Gotta love working in DC...

thedavidzoo

Members
Before getting married (right out of college), and being carted all over with military moves, I was going to work for NASA. Many of my classmates did.
I sometimes still wonder "What if?", especially after seeing great videos such as this. I still get goosebumps looking at those awesome space shots, the unfathomable immensity of it all.

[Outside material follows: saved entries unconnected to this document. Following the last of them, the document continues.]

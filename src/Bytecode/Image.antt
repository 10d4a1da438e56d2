-- ===== src/Bytecode/Image.antt =====
-- The binary form of a bytecode, and `bytecode_marshal`
-- (src/components/compiler/bytecode/marshal.c).
use saffire.Prelude.{
  ℕ, ◌+◌, ◌^◌, ◌<◌, ◌≤◌, ◌≡◌, refl, List, [], ◌∷◌, ◌++◌, length, take, le_bytes, append_assoc,
  append-nil, arith, length-append, take_all, length-take_le,
}
use saffire.Bytecode.{
  Bytes, Bytecode, bytecode, Constants, no_constants, constant, Constant, string, regex, numerical,
  code, count_constants, constant_type,
}
use saffire.Bytecode.Marshal.{
  Buffer, write_buffer, write_int, write_identifiers, write_text, bytecode_marshal,
  marshal_constants, marshal_constant,
}

abbrev pub text_image : Bytes → Bytes
text_image s = le_bytes 4 (length s) ++ s

abbrev pub names_image : List Bytes → Bytes
names_image [] = []
names_image (s ∷ rest) = text_image s ++ names_image rest

unfoldable mutual
  pub image : Bytecode → Bytes
  image (bytecode stack_size code_bytes identifiers constants lino_offset lino) =
      le_bytes 4 stack_size
      ++ (text_image code_bytes
          ++ (le_bytes 4 (length identifiers)
              ++ (names_image identifiers
                  ++ (le_bytes 4 (count_constants constants)
                      ++ (constants_image constants
                          ++ (le_bytes 4 lino_offset ++ text_image lino))))))

  pub constants_image : Constants → Bytes
  constants_image no_constants = []
  constants_image (constant c rest) =
      (constant_type c ∷ []) ++ (constant_image c ++ constants_image rest)

  pub constant_image : Constant → Bytes
  constant_image (string s) = text_image s
  constant_image (regex s) = text_image s
  constant_image (numerical l) = le_bytes 4 8 ++ le_bytes 8 l
  constant_image (code body) = text_image (image body)

-- A buffer whose next write goes behind its last byte.
unfoldable pub at_end : Bytes → Buffer
at_end bs = record { bytes = bs; off = length bs }

at_end_off : (bs : Bytes) → (at_end bs).off ≡ length bs
unfolding at_end
at_end_off bs = refl

pub at_end_bytes : (bs : Bytes) → (at_end bs).bytes ≡ bs
unfolding at_end
at_end_bytes bs = refl

write_buffer-at_end : (xs ys : Bytes) → write_buffer ys (at_end xs) ≡ at_end (xs ++ ys)
unfolding write_buffer at_end
write_buffer-at_end xs ys = rw (take_all xs, length-append xs ys)

-- The first write cuts off what stood behind the offset.
write_buffer_first :
    (b : Buffer) (ys : Bytes)
    → b.off ≤ length b.bytes
    → write_buffer ys b ≡ at_end (take b.off b.bytes ++ ys)
unfolding write_buffer at_end
write_buffer_first b ys h =
    rw (length-append (take b.off b.bytes) ys, length-take_le b.off b.bytes h)

write_int-at_end : (xs : Bytes) (n : ℕ) → write_int n (at_end xs) ≡ at_end (xs ++ le_bytes 4 n)
unfolding write_int
write_int-at_end xs n = write_buffer-at_end xs (le_bytes 4 n)

write_int_first :
    (b : Buffer) (n : ℕ)
    → b.off ≤ length b.bytes
    → write_int n b ≡ at_end (take b.off b.bytes ++ le_bytes 4 n)
unfolding write_int
write_int_first b n h = write_buffer_first b (le_bytes 4 n) h

ruleset writes = (write_buffer-at_end, write_int-at_end, append_assoc)

write_text-at_end : (s xs : Bytes) → write_text s (at_end xs) ≡ at_end (xs ++ text_image s)
unfolding write_text
write_text-at_end s xs = simp writes

write_identifiers-at_end :
    (names : List Bytes) (xs : Bytes)
    → write_identifiers names (at_end xs) ≡ at_end (xs ++ names_image names)
unfolding write_identifiers
write_identifiers-at_end [] xs = rw append-nil
write_identifiers-at_end (s ∷ rest) xs = simp (writes, write_identifiers-at_end rest)

mutual
  unfolding bytecode_marshal image

  marshal_at_end :
      (bc : Bytecode) (b : Buffer)
      → b.off ≤ length b.bytes
      → bytecode_marshal bc b ≡ at_end (take b.off b.bytes ++ image bc)
  marshal_at_end (bytecode stack_size code_bytes identifiers constants lino_offset lino) b h =
      simp (
        write_int_first b stack_size h,
        writes,
        write_identifiers-at_end,
        constants_at_end constants [],
      )

  constants_at_end :
      (cs : Constants) (child xs : Bytes)
      → marshal_constants cs child (at_end xs) ≡ at_end (xs ++ constants_image cs)
  constants_at_end no_constants child xs = rw append-nil
  constants_at_end (constant c cs) child xs =
      simp (constant_at_end c child, constants_at_end cs, writes)

  constant_at_end :
      (c : Constant) (child xs : Bytes)
      → (marshal_constant c child (at_end xs)).1 ≡ at_end (xs ++ constant_image c)
  constant_at_end (string s) child xs = write_text-at_end s xs
  constant_at_end (regex s) child xs = write_text-at_end s xs
  constant_at_end (numerical l) child xs = simp writes
  constant_at_end (code body) child xs = simp (
    marshal_at_end body (record { bytes = child; off = 0 }) (omega arith),
    at_end_off,
    at_end_bytes,
    take_all,
    writes,
  )

pub bytecode_marshal-at_end :
    (bc : Bytecode) (b : Buffer)
    → b.off ≤ length b.bytes
    → bytecode_marshal bc b ≡ at_end (take b.off b.bytes ++ image bc)
bytecode_marshal-at_end bc b h = marshal_at_end bc b h

-- Where the offset behind the binary form of a bytecode is below 2 ^ 31, so that no offset or size
-- overflows its `int`: whatever the buffer held behind the offset, marshalling leaves what stood
-- before it and the binary form, nothing more, with the offset at the end.
pub marshal-image :
    (bc : Bytecode) (b : Buffer)
    → b.off ≤ length b.bytes
    → b.off + length (image bc) < 2 ^ 31
    → bytecode_marshal bc b ≡ at_end (take b.off b.bytes ++ image bc)
marshal-image bc b h small = bytecode_marshal-at_end bc b h
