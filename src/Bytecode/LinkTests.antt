-- ===== src/Bytecode/LinkTests.antt =====
-- Two frames, and the theorem about linking at them.
use saffire.Prelude.{
  ℕ, ◌≡◌, ◌<◌, refl, sym, ap, subst, ◌∙◌, Option, none, some, List, [], ◌∷◌, true, false,
  Bool-cases, inl, inr, Text, text_eq, lookup, All, arith, if◌then◌else◌,
}
use saffire.Asm.{const_string, const_code}
use saffire.Asm.Frame.{AsmFrame, new_frame}
use saffire.Bytecode.Link.{IsLinked, Linking, convert_frames_to_bytecode_lem}

abbrev main_name : Text
main_name = b'm' ∷ []

abbrev child_name : Text
child_name = b'c' ∷ []

abbrev main_frame : AsmFrame
main_frame = record new_frame { constants = const_string main_name ∷ (const_code child_name ∷ []) }

abbrev frames : List (Text × AsmFrame)
frames = (main_name, main_frame) ∷ ((child_name, new_frame) ∷ [])

abbrev rank : Text → ℕ
rank s = if text_eq main_name s then 1 else 0

some_frame : (f g : AsmFrame) → some f ≡ some g → f ≡ g
some_frame f g e = ap (λ (o : Option AsmFrame). elim o [ some x ↦ x | none ↦ f ]) e

main-IsLinked :
    (s : Text) → text_eq main_name s ≡ true → All (IsLinked rank frames s) main_frame.constants
unfolding lookup text_eq
main-IsLinked s h = let lower : 0 < rank s = rank_main s h in (tt, ((lower, (new_frame, refl)), tt))
  where
    rank_main : (s : Text) → text_eq main_name s ≡ true → 0 < rank s
    rank_main s h = rw h (omega arith)

lookup_main : (s : Text) → text_eq main_name s ≡ true → lookup s frames ≡ some main_frame
unfolding lookup
lookup_main s h = rw h

lookup_child :
    (s : Text)
    → text_eq main_name s ≡ false
    → text_eq child_name s ≡ true
    → lookup s frames ≡ some new_frame
unfolding lookup
lookup_child s h k = rw h (rw k)

lookup_other :
    (s : Text) → text_eq main_name s ≡ false → text_eq child_name s ≡ false → lookup s frames ≡ none
unfolding lookup
lookup_other s h k = rw h (rw k)

frame_constants :
    (s : Text) (f : AsmFrame) → lookup s frames ≡ some f → All (IsLinked rank frames s) f.constants
frame_constants s f e = elim (Bool-cases (text_eq main_name s)) [
  | inl is_main ↦
      subst (λ (g : AsmFrame). All (IsLinked rank frames s) g.constants)
        (some_frame main_frame f (sym (lookup_main s is_main) ∙ e)) (main-IsLinked s is_main)
  | inr other ↦ elim (Bool-cases (text_eq child_name s)) [
    | inl is_child ↦
        subst (λ (g : AsmFrame). All (IsLinked rank frames s) g.constants)
          (some_frame new_frame f (sym (lookup_child s other is_child) ∙ e)) tt
    | inr neither ↦ cc (sym (lookup_other s other neither) ∙ e)
  ]
]

convert_frames_to_bytecode_lem_example : Linking 2 frames main_name 7
unfolding text_eq lookup
convert_frames_to_bytecode_lem_example =
    convert_frames_to_bytecode_lem rank frames 2 main_name 7 main_frame frame_constants refl
      (omega arith)
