-- ===== src/Bytecode/Unmarshal.antt =====
-- `_read_buffer`, the constructors of constants and names, and `bytecode_unmarshal` of
-- src/components/compiler/bytecode/marshal.c. The reader is given the bytes from `bincode` on;
-- a read past their end, or of a negative size, is undefined.
use saffire.Prelude.{
  ℕ, zero, suc, ◌^◌, List, [], ◌∷◌, Run, ok, fatal_error, undefined, out_of_fuel, ◌>>=◌,
  unknown_constant, length, take, drop, ltb, leb, ◌==◌, if◌then◌else◌, ◌&&◌, le_value,
}
use saffire.Bytecode.{
  Bytes, Bytecode, bytecode, Constants, no_constants, constant, Constant, string, regex, numerical,
  code,
}

abbrev pub Reader : Type 0 → Type 0
Reader A = Bytes → Run (A × Bytes)

-- `memcpy(data, buf + *bufptr, size); *bufptr += size`. `bufptr` is an `int`: what follows is the code
-- as long as the position is below 2 ^ 31.
unfoldable pub read_buffer : ℕ → Reader Bytes
read_buffer size buf =
    if ltb size (2 ^ 31) && leb size (length buf)
    then ok (take size buf, drop size buf)
    else undefined

unfoldable pub read_int : Reader ℕ
read_int buf = do (bs, rest) ← read_buffer 4 buf; ok (le_value bs, rest)

-- `_new_name` measures the name by `strlen`.
unfoldable pub new_name : Bytes → Bytes
new_name [] = []
new_name (c ∷ s) = if c == 0 then [] else c ∷ new_name s

unfoldable pub read_identifiers : ℕ → Reader (List Bytes)
read_identifiers zero buf = ok ([], buf)
read_identifiers (suc n) buf = do
  (j, buf₁) ← read_int buf
  (s, buf₂) ← read_buffer j buf₁
  (names, buf₃) ← read_identifiers n buf₂
  ok (new_name s ∷ names, buf₃)

-- One pass of the loop over the constants, behind the type and the length. `unmarshal` is the
-- recursive call, which reads from `bincode + pos` and tells nothing of where it stopped.
unfoldable pub read_constant : (Bytes → Run Bytecode) → ℕ → ℕ → Reader Constant
read_constant unmarshal type len buf =
    if type == 0
    then (do (s, rest) ← read_buffer len buf; ok (string s, rest))
    else if type == 3
    then (do (s, rest) ← read_buffer len buf; ok (regex s, rest))
    else if type == 1
    then if len == 8
      then (do (l, rest) ← read_buffer len buf; ok (numerical (le_value l), rest))
      else undefined
    else if type == 2
    then (do child ← unmarshal buf; ok (code child, drop len buf))
    else fatal_error unknown_constant

unfoldable pub read_constants : (Bytes → Run Bytecode) → ℕ → Reader Constants
read_constants unmarshal zero buf = ok (no_constants, buf)
read_constants unmarshal (suc n) buf = do
  (type, buf₁) ← read_buffer 1 buf
  (len, buf₂) ← read_int buf₁
  (c, buf₃) ← read_constant unmarshal (le_value type) len buf₂
  (cs, buf₄) ← read_constants unmarshal n buf₃
  ok (constant c cs, buf₄)

unfoldable pub bytecode_unmarshal : ℕ → Bytes → Run Bytecode
bytecode_unmarshal zero buf = out_of_fuel
bytecode_unmarshal (suc fuel) buf = do
  (stack_size, buf₁) ← read_int buf
  (code_len, buf₂) ← read_int buf₁
  (code_bytes, buf₃) ← read_buffer code_len buf₂
  (vlen, buf₄) ← read_int buf₃
  (identifiers, buf₅) ← read_identifiers vlen buf₄
  (clen, buf₆) ← read_int buf₅
  (constants, buf₇) ← read_constants (bytecode_unmarshal fuel) clen buf₆
  (lino_offset, buf₈) ← read_int buf₇
  (lino_length, buf₉) ← read_int buf₈
  (lino, _) ← read_buffer lino_length buf₉
  ok (bytecode stack_size code_bytes identifiers constants lino_offset lino)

As a kid I always thought that by now we would be sooo much further technologically. I thought by the time I was 30 (quite a while back) we would be cruising around in levitating cars and have a base on the Moon and be heading to Mars. Childish innocence and dreams that come to a screeching halt when you see how the real world works, or in the case of the current state of affairs, DOESN'T work...Thanks "elected" officials and greedy corporations for screwing up my vision of the future and that of my kids...So there, my 1/2 cent.
 
If it weren't for NASA, I certainly would have had a different life. My dad worked there for a long time through the late 60s and 70s, as a solar physicist, involved with the un-manned missions, including the Viking mission to Mars. Nowadays, I'm sure they wouldn't even have a job for somebody like him.
 

dogofwar

CCA Members
There was a really bittersweet story on NPR about how all of the people associated with the Space Shuttle Program lost their jobs with the last mission. Great pride and comraderie...but also the reality of not having a job (many of them in their 50s).

I think that for many of us, NASA and US achievements in manned spacecraft (specifically getting to the moon and back) represent the pinnacle of technical achievement for Man....that when we work together as a nation that we can accomplish ANYTHING.... and why our current level of impasse / acrimony in Washington is so frustrating and dispiriting (at least for me).